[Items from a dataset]
•••••
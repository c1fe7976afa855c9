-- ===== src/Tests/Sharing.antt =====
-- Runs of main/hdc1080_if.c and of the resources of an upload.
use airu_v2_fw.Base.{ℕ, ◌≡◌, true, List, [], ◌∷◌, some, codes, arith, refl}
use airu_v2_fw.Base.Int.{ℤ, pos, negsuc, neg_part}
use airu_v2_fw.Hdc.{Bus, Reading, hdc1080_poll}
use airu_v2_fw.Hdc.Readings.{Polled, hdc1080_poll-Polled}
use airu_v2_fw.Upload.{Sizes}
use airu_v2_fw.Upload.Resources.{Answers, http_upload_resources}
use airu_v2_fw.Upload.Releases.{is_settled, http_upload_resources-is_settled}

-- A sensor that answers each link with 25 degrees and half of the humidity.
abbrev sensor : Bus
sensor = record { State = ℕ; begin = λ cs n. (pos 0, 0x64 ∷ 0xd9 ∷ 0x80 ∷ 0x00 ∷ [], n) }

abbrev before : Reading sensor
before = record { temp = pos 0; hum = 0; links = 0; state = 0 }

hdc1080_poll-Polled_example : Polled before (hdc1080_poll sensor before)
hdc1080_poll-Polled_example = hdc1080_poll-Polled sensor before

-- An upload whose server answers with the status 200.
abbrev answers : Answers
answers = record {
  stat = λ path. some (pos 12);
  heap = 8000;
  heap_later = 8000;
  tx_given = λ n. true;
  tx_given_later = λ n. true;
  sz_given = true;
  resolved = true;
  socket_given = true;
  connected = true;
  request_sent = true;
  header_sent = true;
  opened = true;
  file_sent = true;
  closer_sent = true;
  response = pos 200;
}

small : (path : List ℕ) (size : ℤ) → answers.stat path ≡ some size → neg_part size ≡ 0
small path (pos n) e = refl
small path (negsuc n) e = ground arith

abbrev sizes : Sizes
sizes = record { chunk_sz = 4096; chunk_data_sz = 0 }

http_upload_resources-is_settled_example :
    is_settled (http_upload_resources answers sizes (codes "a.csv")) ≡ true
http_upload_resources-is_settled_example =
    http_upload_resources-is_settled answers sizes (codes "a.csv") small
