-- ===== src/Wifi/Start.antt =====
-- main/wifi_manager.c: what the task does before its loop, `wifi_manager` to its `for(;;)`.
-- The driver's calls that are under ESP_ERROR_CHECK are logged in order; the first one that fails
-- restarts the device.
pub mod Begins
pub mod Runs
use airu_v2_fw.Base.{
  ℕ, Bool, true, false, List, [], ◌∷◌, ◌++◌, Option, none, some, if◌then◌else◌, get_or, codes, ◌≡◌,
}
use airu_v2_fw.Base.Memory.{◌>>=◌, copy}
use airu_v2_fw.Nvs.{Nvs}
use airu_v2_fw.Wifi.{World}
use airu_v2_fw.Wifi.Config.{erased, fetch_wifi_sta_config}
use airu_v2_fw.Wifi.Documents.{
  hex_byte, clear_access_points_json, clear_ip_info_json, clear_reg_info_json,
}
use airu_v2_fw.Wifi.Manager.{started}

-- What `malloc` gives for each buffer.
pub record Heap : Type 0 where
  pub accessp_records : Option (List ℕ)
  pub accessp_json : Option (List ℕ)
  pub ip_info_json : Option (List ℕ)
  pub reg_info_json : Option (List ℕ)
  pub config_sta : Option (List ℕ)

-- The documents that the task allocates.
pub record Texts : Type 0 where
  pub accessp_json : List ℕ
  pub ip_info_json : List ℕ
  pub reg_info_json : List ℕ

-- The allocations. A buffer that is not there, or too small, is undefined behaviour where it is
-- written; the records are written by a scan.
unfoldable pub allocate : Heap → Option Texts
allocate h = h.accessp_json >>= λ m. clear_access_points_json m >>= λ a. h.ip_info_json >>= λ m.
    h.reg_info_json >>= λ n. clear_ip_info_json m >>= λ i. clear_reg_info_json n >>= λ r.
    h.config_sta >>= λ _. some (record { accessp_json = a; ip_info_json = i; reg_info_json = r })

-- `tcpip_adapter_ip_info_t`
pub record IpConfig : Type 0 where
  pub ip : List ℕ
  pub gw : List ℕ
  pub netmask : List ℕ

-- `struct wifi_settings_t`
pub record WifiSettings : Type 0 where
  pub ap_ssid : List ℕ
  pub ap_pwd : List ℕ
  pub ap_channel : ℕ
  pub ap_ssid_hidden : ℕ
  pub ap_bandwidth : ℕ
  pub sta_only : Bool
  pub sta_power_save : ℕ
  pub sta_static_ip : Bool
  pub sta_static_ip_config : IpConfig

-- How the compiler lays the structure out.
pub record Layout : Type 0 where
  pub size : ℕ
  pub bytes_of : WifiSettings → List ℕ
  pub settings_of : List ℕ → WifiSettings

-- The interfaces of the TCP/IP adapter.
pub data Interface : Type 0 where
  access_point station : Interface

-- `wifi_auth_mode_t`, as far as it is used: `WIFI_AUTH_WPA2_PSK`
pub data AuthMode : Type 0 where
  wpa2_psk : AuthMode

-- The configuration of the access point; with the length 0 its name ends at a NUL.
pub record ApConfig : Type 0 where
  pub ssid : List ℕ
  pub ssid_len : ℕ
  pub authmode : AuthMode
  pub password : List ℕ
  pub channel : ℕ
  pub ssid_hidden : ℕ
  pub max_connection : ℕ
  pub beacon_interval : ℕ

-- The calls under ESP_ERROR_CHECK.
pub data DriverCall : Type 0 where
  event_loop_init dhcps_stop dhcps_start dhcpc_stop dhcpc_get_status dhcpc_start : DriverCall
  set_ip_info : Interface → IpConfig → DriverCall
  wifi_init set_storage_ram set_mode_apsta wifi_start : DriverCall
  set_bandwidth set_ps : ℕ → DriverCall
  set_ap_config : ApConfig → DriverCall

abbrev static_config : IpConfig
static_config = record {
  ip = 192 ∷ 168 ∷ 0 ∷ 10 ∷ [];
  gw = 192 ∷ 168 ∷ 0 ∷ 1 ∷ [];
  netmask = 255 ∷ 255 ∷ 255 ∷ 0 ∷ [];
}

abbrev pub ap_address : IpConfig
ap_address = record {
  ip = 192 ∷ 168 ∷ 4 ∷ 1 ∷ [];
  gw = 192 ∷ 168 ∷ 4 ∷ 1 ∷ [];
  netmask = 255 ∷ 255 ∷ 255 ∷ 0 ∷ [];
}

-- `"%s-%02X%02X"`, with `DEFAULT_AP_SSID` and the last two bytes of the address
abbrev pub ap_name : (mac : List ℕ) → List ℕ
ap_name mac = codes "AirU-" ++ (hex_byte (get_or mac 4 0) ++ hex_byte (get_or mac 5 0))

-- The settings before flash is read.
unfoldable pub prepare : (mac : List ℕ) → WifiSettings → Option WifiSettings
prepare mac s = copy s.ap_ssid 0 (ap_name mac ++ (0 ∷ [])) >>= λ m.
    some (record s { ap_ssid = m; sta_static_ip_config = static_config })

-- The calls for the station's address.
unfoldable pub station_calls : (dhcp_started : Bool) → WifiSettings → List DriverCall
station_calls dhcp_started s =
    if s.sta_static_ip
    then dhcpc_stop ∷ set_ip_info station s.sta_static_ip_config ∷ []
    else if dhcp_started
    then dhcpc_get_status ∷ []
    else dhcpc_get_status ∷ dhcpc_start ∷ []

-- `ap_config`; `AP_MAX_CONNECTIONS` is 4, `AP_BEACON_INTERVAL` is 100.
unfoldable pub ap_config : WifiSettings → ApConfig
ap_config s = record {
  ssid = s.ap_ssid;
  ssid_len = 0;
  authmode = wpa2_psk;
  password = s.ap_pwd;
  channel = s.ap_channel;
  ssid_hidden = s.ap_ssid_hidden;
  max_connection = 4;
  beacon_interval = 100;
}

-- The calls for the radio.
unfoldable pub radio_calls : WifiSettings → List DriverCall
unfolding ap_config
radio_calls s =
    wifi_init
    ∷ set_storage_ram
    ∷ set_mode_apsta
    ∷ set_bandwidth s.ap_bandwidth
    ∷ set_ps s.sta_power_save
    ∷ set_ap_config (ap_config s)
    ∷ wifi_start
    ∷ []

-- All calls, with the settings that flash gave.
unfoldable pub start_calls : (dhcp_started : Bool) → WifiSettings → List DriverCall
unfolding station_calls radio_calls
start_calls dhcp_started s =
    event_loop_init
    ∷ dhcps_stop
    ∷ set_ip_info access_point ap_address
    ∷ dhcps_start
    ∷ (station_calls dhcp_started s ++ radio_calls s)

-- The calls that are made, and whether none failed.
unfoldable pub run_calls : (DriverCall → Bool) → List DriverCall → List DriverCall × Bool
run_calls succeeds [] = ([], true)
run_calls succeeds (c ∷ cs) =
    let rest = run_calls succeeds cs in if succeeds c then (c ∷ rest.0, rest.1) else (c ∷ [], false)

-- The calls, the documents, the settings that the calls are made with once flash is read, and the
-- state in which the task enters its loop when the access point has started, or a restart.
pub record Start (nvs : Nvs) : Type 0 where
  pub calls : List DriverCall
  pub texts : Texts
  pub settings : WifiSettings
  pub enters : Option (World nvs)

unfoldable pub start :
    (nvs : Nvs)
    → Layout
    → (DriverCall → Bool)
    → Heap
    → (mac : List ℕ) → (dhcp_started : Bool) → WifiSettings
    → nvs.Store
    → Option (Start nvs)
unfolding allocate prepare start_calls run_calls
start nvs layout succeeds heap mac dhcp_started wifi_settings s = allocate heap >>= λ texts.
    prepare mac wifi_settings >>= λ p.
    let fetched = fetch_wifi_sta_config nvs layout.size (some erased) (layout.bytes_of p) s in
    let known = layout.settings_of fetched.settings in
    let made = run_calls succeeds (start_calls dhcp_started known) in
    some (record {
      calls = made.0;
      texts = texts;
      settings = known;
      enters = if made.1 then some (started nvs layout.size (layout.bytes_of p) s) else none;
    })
•••••
§ **What the exercise asks**
Of all the entries above, retype exactly the lines from the line with "pub ssid_len : ℕ" to the line with "wifi_init set_storage_ram set_mode_apsta", both included, and no others.

§ **Answer**
  pub ssid_len : ℕ
  pub authmode : AuthMode
  pub password : List ℕ
  pub channel : ℕ
  pub ssid_hidden : ℕ
  pub max_connection : ℕ
  pub beacon_interval : ℕ

-- The calls under ESP_ERROR_CHECK.
pub data DriverCall : Type 0 where
  event_loop_init dhcps_stop dhcps_start dhcpc_stop dhcpc_get_status dhcpc_start : DriverCall
  set_ip_info : Interface → IpConfig → DriverCall
  wifi_init set_storage_ram set_mode_apsta wifi_start : DriverCall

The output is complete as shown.